Spot on. As for best tasting that varies from one guy to the next. What are you feeding them?

Feed mine like a holstein and they will be nothing but fat. Feed a holstein like my highlanders and there will he nothing but bones. Feed them wht they need and both will produce excellent meat. Different as well.

Making money is a whole different ballgame. Try to sell a fat holstein or higulander without direct marketing them right now and you will tale it in the shorts. If it was black and could pass as "Angus", thhats where the money is highest. Here.

Are you looking to finish beef? What else are you feeding? How are you selling? Better questions to help find what will work best for you.


----------



## hog987 (Apr 5, 2011)

Best butcher beef is a jersey cross. Crossed with any beef breed. Next would be any animal feed right and not over cooked. Grandma always said any animal putting on weight is good eating. Any animal that lost weight will be tough.
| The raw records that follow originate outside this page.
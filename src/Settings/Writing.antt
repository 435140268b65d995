-- ===== src/Settings/Writing.antt =====
-- src/core/settings/write.c: what the sections of the config file are written from, line by line.
mod Put
unfoldable pub use Put.*
use g0wm.Common.{List, [], ◌∷◌}
use g0wm.Settings.Types.{lit}

-- `settings_write_windows`
abbrev pub windows_written : List Written
windows_written =
    put (lit "borderpx") (lit "border_width") written_uint
    ∷ put (lit "cornerstyle") (lit "corner_style") (written_name (lit "settings_corner_styles"))
    ∷ put (lit "cornerpx") (lit "corner_radius") written_uint
    ∷ put (lit "gaps") (lit "gaps") written_int
    ∷ put (lit "gappx") (lit "gap_size") written_uint
    ∷ put (lit "smartgaps") (lit "smart_gaps") written_bool
    ∷ put (lit "titlebar") (lit "title_bar") written_bool
    ∷ put (lit "titlepadding") (lit "title_padding") written_uint
    ∷ put (lit "titlecenter") (lit "title_center") written_bool
    ∷ put (lit "titleclose") (lit "title_close") written_bool
    ∷ put (lit "titleclosecolor") (lit "title_close_color") written_hex
    ∷ put (lit "privatecolor") (lit "private_color") written_hex
    ∷ put (lit "privateround") (lit "private_round") written_number
    ∷ put (lit "alwaysprivate") (lit "always_private") written_bool
    ∷ put (lit "publiccolor") (lit "public_color") written_hex
    ∷ put (lit "privatetitle") (lit "private_title") written_string
    ∷ put (lit "movethreshold") (lit "move_threshold") written_int
    ∷ put (lit "movesnap") (lit "move_snap") written_int
    ∷ []

-- `settings_write_bar`
abbrev pub bar_written : List Written
bar_written =
    put (lit "showbar") (lit "bar_enabled") written_bool
    ∷ put (lit "topbar") (lit "bar_top") written_bool
    ∷ put (lit "barwintitle") (lit "bar_window_title") written_bool
    ∷ put (lit "bartagdots") (lit "bar_tag_dots") written_bool
    ∷ put (lit "bartagdotsize") (lit "bar_tag_dot_size") written_uint
    ∷ put (lit "bartagdotgap") (lit "bar_tag_dot_gap") written_uint
    ∷ put (lit "bartagdotwidth") (lit "bar_tag_dot_width") written_number
    ∷ put (lit "bartagdotround") (lit "bar_tag_dot_round") written_number
    ∷ put (lit "barurgentpulse") (lit "bar_urgent_pulse") written_uint
    ∷ put (lit "barltsymbol") (lit "bar_layout_symbol") written_bool
    ∷ put (lit "barboxradius") (lit "bar_box_radius") written_uint
    ∷ put (lit "barpadding") (lit "bar_padding") written_uint
    ∷ put (lit "barheight") (lit "bar_height") written_number
    ∷ put (lit "barsinglemon") (lit "bar_single_monitor") written_bool
    ∷ put (lit "barstatus") (lit "bar_status") (written_name (lit "settings_bar_statuses"))
    ∷ put (lit "showsystray") (lit "systray_enabled") written_bool
    ∷ put (lit "systrayspacing") (lit "systray_spacing") written_uint
    ∷ put (lit "systraypadding") (lit "systray_padding") written_uint
    ∷ put (lit "systrayiconsize") (lit "systray_icon_size") written_uint
    ∷ put (lit "shownotifications") (lit "notifications_enabled") written_bool
    ∷ put (lit "notification_timeout") (lit "notification_timeout") written_uint
    ∷ put (lit "notification_linewidth") (lit "notification_line_width") written_uint
    ∷ put (lit "notification_lineradius") (lit "notification_line_radius") written_uint
    ∷ put (lit "notification_actionsign") (lit "notification_action_sign") written_string
    ∷ put (lit "runner_placeholder") (lit "runner_placeholder") written_string
    ∷ put (lit "runner_max_candidates") (lit "runner_max_candidates") written_uint
    ∷ put (lit "runner_pillheight") (lit "runner_pill_height") written_uint
    ∷ put (lit "runner_pillpadding") (lit "runner_pill_padding") written_uint
    ∷ put (lit "runner_pillround") (lit "runner_pill_round") written_number
    ∷ put (lit "runner_fuzzy") (lit "runner_fuzzy") written_bool
    ∷ put (lit "runner_icons") (lit "runner_icons") (written_name (lit "settings_runner_icons"))
    ∷ put (lit "runner_iconsize") (lit "runner_icon_size") written_uint
    ∷ put (lit "runner_iconround") (lit "runner_icon_round") written_number
    ∷ put (lit "runner_iconborder") (lit "runner_icon_border") written_uint
    ∷ put (lit "runner_history_size") (lit "runner_history_size") written_uint
    ∷ put (lit "runner_shell") (lit "runner_shell") written_string
    ∷ put (lit "runner_terminal") (lit "runner_terminal") written_string
    ∷ put (lit "runner_termprefix") (lit "runner_terminal_prefix") written_string
    ∷ put (lit "runner_runprefix") (lit "runner_run_prefix") written_string
    ∷ put (lit "runner_calcprefix") (lit "runner_calc_prefix") written_string
    ∷ put (lit "runner_searchprefix") (lit "runner_search_prefix") written_string
    ∷ put (lit "runner_searchurl") (lit "runner_search_url") written_string
    ∷ put (lit "runner_windowprefix") (lit "runner_window_prefix") written_string
    ∷ put (lit "runner_tagprefix") (lit "runner_tag_prefix") written_string
    ∷ put (lit "runner_files") (lit "runner_files") written_bool
    ∷ put (lit "runner_paths") (lit "runner_paths") written_string
    ∷ put (lit "runner_calc_precision") (lit "runner_calc_precision") written_uint
    ∷ []

-- `settings_write_opacity`, and its part for INTEGRATED_BACKGROUND.
abbrev pub opacity_written : List Written
opacity_written =
    put (lit "opacity_enabled") (lit "opacity_enabled") written_bool
    ∷ put (lit "opacity_focus") (lit "opacity_focus") written_number
    ∷ put (lit "opacity_unfocus") (lit "opacity_unfocus") written_number
    ∷ put (lit "opacity_deco") (lit "opacity_decorations") written_number
    ∷ []

abbrev pub blur_written : List Written
blur_written =
    put (lit "opacity_type") (lit "opacity_type") (written_name (lit "settings_opacity_kinds"))
    ∷ put (lit "blur_radius") (lit "blur_radius") written_uint
    ∷ put (lit "blur_passes") (lit "blur_passes") written_uint
    ∷ put (lit "blur_saturation") (lit "blur_saturation") written_number
    ∷ put (lit "blur_brightness") (lit "blur_brightness") written_number
    ∷ []

-- The keymap of `settings_write_input`; what is written before it and behind it.
abbrev pub xkb_written : List Written
xkb_written =
    put (lit "rules") (lit "xkb_rules.rules") written_string
    ∷ put (lit "model") (lit "xkb_rules.model") written_string
    ∷ put (lit "layout") (lit "xkb_rules.layout") written_string
    ∷ put (lit "variant") (lit "xkb_rules.variant") written_string
    ∷ put (lit "options") (lit "xkb_rules.options") written_string
    ∷ []

abbrev pub input_first_written : List Written
input_first_written = put (lit "sloppyfocus") (lit "sloppy_focus") written_bool ∷ []

abbrev pub input_written : List Written
input_written =
    put (lit "repeat_rate") (lit "repeat_rate") written_int
    ∷ put (lit "repeat_delay") (lit "repeat_delay") written_int
    ∷ put (lit "cursor_theme") (lit "cursor_theme") written_string
    ∷ put (lit "cursor_size") (lit "cursor_size") written_int
    ∷ put (lit "hide_cursor_when_typing") (lit "hide_cursor_when_typing") written_bool
    ∷ put (lit "tap_to_click") (lit "tap_to_click") written_bool
    ∷ put (lit "tap_and_drag") (lit "tap_and_drag") written_bool
    ∷ put (lit "drag_lock") (lit "drag_lock") written_bool
    ∷ put (lit "natural_scrolling") (lit "natural_scrolling") written_bool
    ∷ put (lit "disable_while_typing") (lit "disable_while_typing") written_bool
    ∷ put (lit "left_handed") (lit "left_handed") written_bool
    ∷ put (lit "middle_button_emulation") (lit "middle_button_emulation") written_bool
    ∷ put (lit "scroll_method") (lit "scroll_method") (written_name (lit "settings_scroll_methods"))
    ∷ put (lit "click_method") (lit "click_method") (written_name (lit "settings_click_methods"))
    ∷ put (lit "send_events_mode") (lit "send_events_mode")
        (written_name (lit "settings_send_events"))
    ∷ put (lit "accel_profile") (lit "accel_profile") (written_name (lit "settings_accel_profiles"))
    ∷ put (lit "accel_speed") (lit "accel_speed") written_number
    ∷ put (lit "touchpad_natural_scrolling") (lit "touchpad_natural_scrolling") written_bool
    ∷ put (lit "touchpad_accel_profile") (lit "touchpad_accel_profile")
        (written_name (lit "settings_accel_profiles"))
    ∷ put (lit "touchpad_accel_speed") (lit "touchpad_accel_speed") written_number
    ∷ put (lit "pinchzoom_mod") (lit "pinch_zoom_modifier") written_mods
    ∷ put (lit "button_map") (lit "tap_button_map") (written_name (lit "settings_button_maps"))
    ∷ put (lit "tablet_output") (lit "tablet_output") written_string
    ∷ put (lit "tablet_left_handed") (lit "tablet_left_handed") written_bool
    ∷ put (lit "touch_output") (lit "touch_output") written_string
    ∷ []

-- `settings_write_misc`
abbrev pub misc_written : List Written
misc_written =
    put (lit "log_level") (lit "log_level") (written_name (lit "settings_log_levels"))
    ∷ put (lit "bypass_surface_visibility") (lit "bypass_surface_visibility") written_bool
    ∷ put (lit "allow_tearing") (lit "allow_tearing") written_bool
    ∷ put (lit "auto_vrr") (lit "auto_vrr") written_bool
    ∷ []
Guys always want to know which breed is best for such and such. I say there is as much difference within the breeds as different breeds. So get cattle that work for your situation.

I know angus are a big deal. Some of the best cattle I fed were angus. But some of the worst cattle I fed were also angus. Just because they are angus does not automatically mean they are excellent cattle, even tho that is what some people think. The same is true for other breeds.


----------



## IH 1586 (Oct 16, 2014)

hog987 said:


> Best butcher beef is a jersey cross. Crossed with any beef breed. Next would be any animal feed right and not over cooked. Grandma always said any animal putting on weight is good eating. Any animal that lost weight will be tough.
> 
> Guys always want to know which breed is best for such and such. I say there is as much difference within the breeds as different breeds. So get cattle that work for your situation.
> 
> I know angus are a big deal. Some of the best cattle I fed were angus. But some of the worst cattle I fed were also angus. Just because they are angus does not automatically mean they are excellent cattle, even tho that is what some people think. The same is true for other breeds.


We are thinking of getting a couple jersey heifers ourselves for just that reason. Came across an article that interested us. We currently have a jersey steer and a jersey beef cross steer.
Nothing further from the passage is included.